Mace is most popular in European foods where it is used in both savory and sweet dishes. It is the dominant flavor in doughnuts, so adding it to your low carb baked goods can offer a familiar, decadent flavor. Mace has a flavor and aroma similar to nutmeg, with slightly more pungency.

You can also use it in an array of savory favorites, such as pates, creamed spinach, and whipped cauliflower (fauxtatoes.)

Tarragon Tarragon:
Tarragon is a small, shrubby herb, Artemisia dracunculus, in the sunflower family. Tarragon, unlike many other herbs, was not used by ancient peoples. It was mentioned briefly in medieval writings as a pharmaceutical, but did not come into common use until the 16th century in England. It was brought to the United States in the early 19th century.

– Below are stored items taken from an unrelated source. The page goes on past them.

-- ===== src/Agent/Hosting.antt =====
-- crates/cli/src/tunnel.rs and main.rs: `AgentTunnel::connect`, and the loop of the `host` command
-- around it. The `run` of a tunnel, which has ended before each later attempt, is in Agent/Running.
pub mod Stays
pub mod Connected
pub mod Same
use gamenet.Base.{
  ℕ, ◌≡◌, refl, sym, ap, ◌∙◌, ◌≢◌, Bool, true, false, Option, none, some, List, [], ◌∷◌, map,
  Result, ok, err, arith,
}
use gamenet.Errors.{Error, closed_early, rejected, unexpected_response}
use gamenet.Protocol.{TunnelToken, ControlMessage, register, tcp, tunnel_ready}
use gamenet.Identity.{
  FilePath, Node, file, other, FileSystem, Op, stat, Faults, M, and_then, ◌>>=◌, ◌>>◌, pure, fail,
  attempt, symlink_metadata, read_existing, load_node, load_or_create_at,
}
use gamenet.Identity.Files.{
  content, Keeps, Keeps-bind, Keeps-read_existing, Keeps-load_or_create_at,
}
use gamenet.Identity.Paths.{
  Environment, identity_path, recovery_path, recovery_path-ne, load_or_create,
  load_or_create_recovery,
}
use gamenet.Identity.Success.{bind-eq-ok, outcome-eq, no_outcome}
use gamenet.Identity.Stable.{load_or_create_at-again}
use gamenet.Presets.{local_port_for}
use gamenet.Hex.{Text}
use gamenet.Agent.{
  Answer, Relay, connect_quic, registered_port, one_second, next_retry_delay, reconnects,
}
use gamenet.Agent.Acknowledged.{Keeps-connect_quic}

-- What is outside of the host at an attempt to connect.
pub record Attempt : Type 0 where
  pub faults : Faults
  pub candidate : TunnelToken
  pub recovery_candidate : TunnelToken
  pub connected : Option Error
  pub relay : Relay

-- The public port, or an error.
abbrev pub registration_answer : Result Error ℕ → M ℕ
registration_answer (ok port) = pure port
registration_answer (err e) = fail e

module _ (sha256 : List ℕ → List ℕ) (env : Environment) (local_port : ℕ) where
  -- `Register` with the identity, and the fingerprint of the recovery key.
  abbrev pub registration : TunnelToken → TunnelToken → ControlMessage
  registration token secret = register tcp local_port token (sha256 secret)

  unfoldable pub connect : Attempt → M ℕ
  connect a = do
    token ← load_or_create a.faults env a.candidate
    secret ← load_or_create_recovery a.faults env a.recovery_candidate
    connect_quic a.connected
    registration_answer (registered_port (a.relay (registration token secret)))

  abbrev pub next_delay : ℕ → Result Error ℕ → ℕ
  next_delay delay (ok port) = one_second
  next_delay delay (err e) = next_retry_delay delay

  -- The attempts after the first: the delay that is slept, and what the attempt gives.
  unfoldable pub host_loop : ℕ → List Attempt → FileSystem → FileSystem × List (ℕ × Result Error ℕ)
  host_loop delay [] fs = (fs, [])
  host_loop delay (a ∷ attempts) fs =
      let tried = connect a fs in
      let rest = host_loop (next_delay delay tried.1) attempts tried.0 in
      (rest.0, (delay, tried.1) ∷ rest.1)

abbrev pub after_first :
    FileSystem × Result Error ℕ
    → (FileSystem → FileSystem × List (ℕ × Result Error ℕ))
    → FileSystem × Result Error (List (ℕ × Result Error ℕ))
after_first (fs, err e) loop = (fs, err e)
after_first (fs, ok port) loop = let logged = loop fs in (logged.0, ok logged.1)

abbrev pub with_local_port :
    {A : Type 0}
    → FileSystem
    → Result Error ℕ
    → (ℕ → FileSystem × Result Error A)
    → FileSystem × Result Error A
with_local_port fs (err e) then_host = (fs, err e)
with_local_port fs (ok local_port) then_host = then_host local_port

-- The `host` command: without a local port, or when the first attempt fails, it ends with an error.
unfoldable pub host :
    (List ℕ → List ℕ)
    → Environment
    → Option Text
    → Option ℕ
    → Attempt
    → List Attempt
    → FileSystem
    → FileSystem × Result Error (List (ℕ × Result Error ℕ))
host sha256 env game port first attempts fs =
    with_local_port fs (local_port_for game port) λ local_port.
      after_first (connect sha256 env local_port first fs)
        (host_loop sha256 env local_port one_second attempts)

Tarragon has a slightly bittersweet flavor and an aroma similar to anise. It adds flavor to egg and cheese dishes, light soups and even fresh fruits. To baste chicken, fish or seafood, blend Tarragon with butter, chives, and lemon!

Summer Savory Summer Savory:
Summer Savory is an annual herb belonging to the mint family. Its dark-green, narrow leaves are dried and crushed. Romans used Savory as an herb and seasoning even before they used pepper. They used it as a medicine, a bee sting treatment, and an aphrodisiac. When the Romans brought it to England, it was used as an ingredient in stuffing rather than as an herbal remedy.

Summer Savory has a clean, piney fragrance and peppery flavor and enhances almost any savory dish. It goes well with soups, stews, cabbage, and sauerkraut. Or top chilled, poached fish or chicken with a blend of Summer Savory, chives, lemon juice, and mayonnaise. Crush Summer Savory in your hand or with a mortar and pestle before use to release the flavor.

Coriander Coriander:
Coriander is the seed of Coriandrum sativum, a plant in the parsley family. The seed is globular and almost round, brown to yellow red, and 1/5 inch in diameter with alternating straight and wavy ridges. It's probably one of the first spices used by mankind, having been known as early as 5000 BC. Sanskrit writings dating from about 1500 BC also spoke of it. The Romans spread it throughout Europe and it was one of the first spices to arrive in America.

Coriander has a mild, distinctive taste similar to a blend of lemon and sage. It is not interchangable with cilantro, although they are from the same plant. Ground Coriander seed is traditional in desserts and sweet pastries as well as in curries, meat, and seafood dishes with South American, Indian, Mediterranean, and African origins. Add it to stews and marinades for a Mediterranean flavor.